What is needed is the whole of the data, set down exactly.

Stored data:
· · ·

-- ===== src/Lzf/Compress/Turns.antt =====
-- A round of the loop of `Compress`.
use Prim.Native.Nat.{bit_or}
use golly.Base.{ℕ, ◌+◌, ◌-◌, ◌*◌, ◌≤◌, ◌<◌, inl, inr, Bool-cases, ◌≡◌, refl, arith, Bytes, ◌==◌}
use mathlib.Core.Path.{subst}
use golly.Base.Calls.{read_at-get_or, ok}
use golly.Base.Lists.{length, get_or}
use golly.Lzf.Compress.{
  Packer, Progress, goes_on, breaks, gives_nil, rehash, put, slot_of, shift_in,
}
use golly.Lzf.Compress.Steps.{Inv, Holds}

-- The table names positions before `i` only.
unfoldable pub Fresh : (ℕ → ℕ) → ℕ → Type 0
Fresh table i = (k : ℕ) → 0 < table k → table k < i

pub Fresh-put : (table : ℕ → ℕ) (slot i j : ℕ) → Fresh table i → j < i → Fresh (put table slot j) i
unfolding Fresh
Fresh-put table slot i j f h k p = elim (Bool-cases (k == slot)) [
  | inl t ↦ rw t h
  | inr t ↦ rw t (f k (rw t at p))
]

pub Fresh-le : (table : ℕ → ℕ) (i j : ℕ) → Fresh table i → i ≤ j → Fresh table j
unfolding Fresh
Fresh-le table i j f h k p = omega (arith, f k p)

-- What a round leaves.
unfoldable pub After : Bytes → ℕ → Progress → Type 0
After input iidx (goes_on s) = Holds input s × Fresh s.table s.iidx × iidx < s.iidx
After input iidx (breaks s) = Holds input s × length input ≤ s.iidx + 2
After input iidx gives_nil = Unit

pub rehash-After :
    (input : Bytes) (s : Packer) (before : ℕ)
    → Holds input s
    → Fresh s.table s.iidx
    → before + 2 < s.iidx
    → s.iidx + 2 < length input
    → (p : Progress) × (rehash input s ≡ ok p) × After input before p
unfolding rehash After
rehash-After input s before holds fresh h k =
    let i : ℕ = s.iidx - 2 in
    let e : s.iidx ≡ i + 1 + 1 = omega arith in
    let g : ℕ =
      bit_or (bit_or (get_or input i 0 * 256) (get_or input (i + 1) 0 * 256))
        (get_or input (i + 2) 0) in
    let g' : ℕ = shift_in g (get_or input (i + 1 + 2) 0) in
    let table : ℕ → ℕ = put (put s.table (slot_of g) i) (slot_of g') (i + 1) in
    (
      goes_on (record s { iidx = i + 1 + 1; table = table; hval = g' }),
      rw
          (
            read_at-get_or input i 0 (omega arith),
            read_at-get_or input (i + 1) 0 (omega arith),
            read_at-get_or input (i + 2) 0 (omega arith),
            read_at-get_or input (i + 1 + 2) 0 (omega arith),
          )
          refl,
      (
        subst (λ m. Inv input s.output m s.oidx s.literal) e holds,
        subst (Fresh table) e (
            Fresh-put _ (slot_of g') s.iidx (i + 1)
              (Fresh-put s.table (slot_of g) s.iidx i fresh (omega arith)) (omega arith)),
        omega arith,
      ),
    )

· · ·

Result for this task.
-- ===== src/Lzf/Compress/Turns.antt =====
-- A round of the loop of `Compress`.
use Prim.Native.Nat.{bit_or}
use golly.Base.{ℕ, ◌+◌, ◌-◌, ◌*◌, ◌≤◌, ◌<◌, inl, inr, Bool-cases, ◌≡◌, refl, arith, Bytes, ◌==◌}
use mathlib.Core.Path.{subst}
use golly.Base.Calls.{read_at-get_or, ok}
use golly.Base.Lists.{length, get_or}
use golly.Lzf.Compress.{
  Packer, Progress, goes_on, breaks, gives_nil, rehash, put, slot_of, shift_in,
}
use golly.Lzf.Compress.Steps.{Inv, Holds}

-- The table names positions before `i` only.
unfoldable pub Fresh : (ℕ → ℕ) → ℕ → Type 0
Fresh table i = (k : ℕ) → 0 < table k → table k < i

pub Fresh-put : (table : ℕ → ℕ) (slot i j : ℕ) → Fresh table i → j < i → Fresh (put table slot j) i
unfolding Fresh
Fresh-put table slot i j f h k p = elim (Bool-cases (k == slot)) [
  | inl t ↦ rw t h
  | inr t ↦ rw t (f k (rw t at p))
]

pub Fresh-le : (table : ℕ → ℕ) (i j : ℕ) → Fresh table i → i ≤ j → Fresh table j
unfolding Fresh
Fresh-le table i j f h k p = omega (arith, f k p)

-- What a round leaves.
unfoldable pub After : Bytes → ℕ → Progress → Type 0
After input iidx (goes_on s) = Holds input s × Fresh s.table s.iidx × iidx < s.iidx
After input iidx (breaks s) = Holds input s × length input ≤ s.iidx + 2
After input iidx gives_nil = Unit

pub rehash-After :
    (input : Bytes) (s : Packer) (before : ℕ)
    → Holds input s
    → Fresh s.table s.iidx
    → before + 2 < s.iidx
    → s.iidx + 2 < length input
    → (p : Progress) × (rehash input s ≡ ok p) × After input before p
unfolding rehash After
rehash-After input s before holds fresh h k =
    let i : ℕ = s.iidx - 2 in
    let e : s.iidx ≡ i + 1 + 1 = omega arith in
    let g : ℕ =
      bit_or (bit_or (get_or input i 0 * 256) (get_or input (i + 1) 0 * 256))
        (get_or input (i + 2) 0) in
    let g' : ℕ = shift_in g (get_or input (i + 1 + 2) 0) in
    let table : ℕ → ℕ = put (put s.table (slot_of g) i) (slot_of g') (i + 1) in
    (
      goes_on (record s { iidx = i + 1 + 1; table = table; hval = g' }),
      rw
          (
            read_at-get_or input i 0 (omega arith),
            read_at-get_or input (i + 1) 0 (omega arith),
            read_at-get_or input (i + 2) 0 (omega arith),
            read_at-get_or input (i + 1 + 2) 0 (omega arith),
          )
          refl,
      (
        subst (λ m. Inv input s.output m s.oidx s.literal) e holds,
        subst (Fresh table) e (
            Fresh-put _ (slot_of g') s.iidx (i + 1)
              (Fresh-put s.table (slot_of g) s.iidx i fresh (omega arith)) (omega arith)),
        omega arith,
      ),
    )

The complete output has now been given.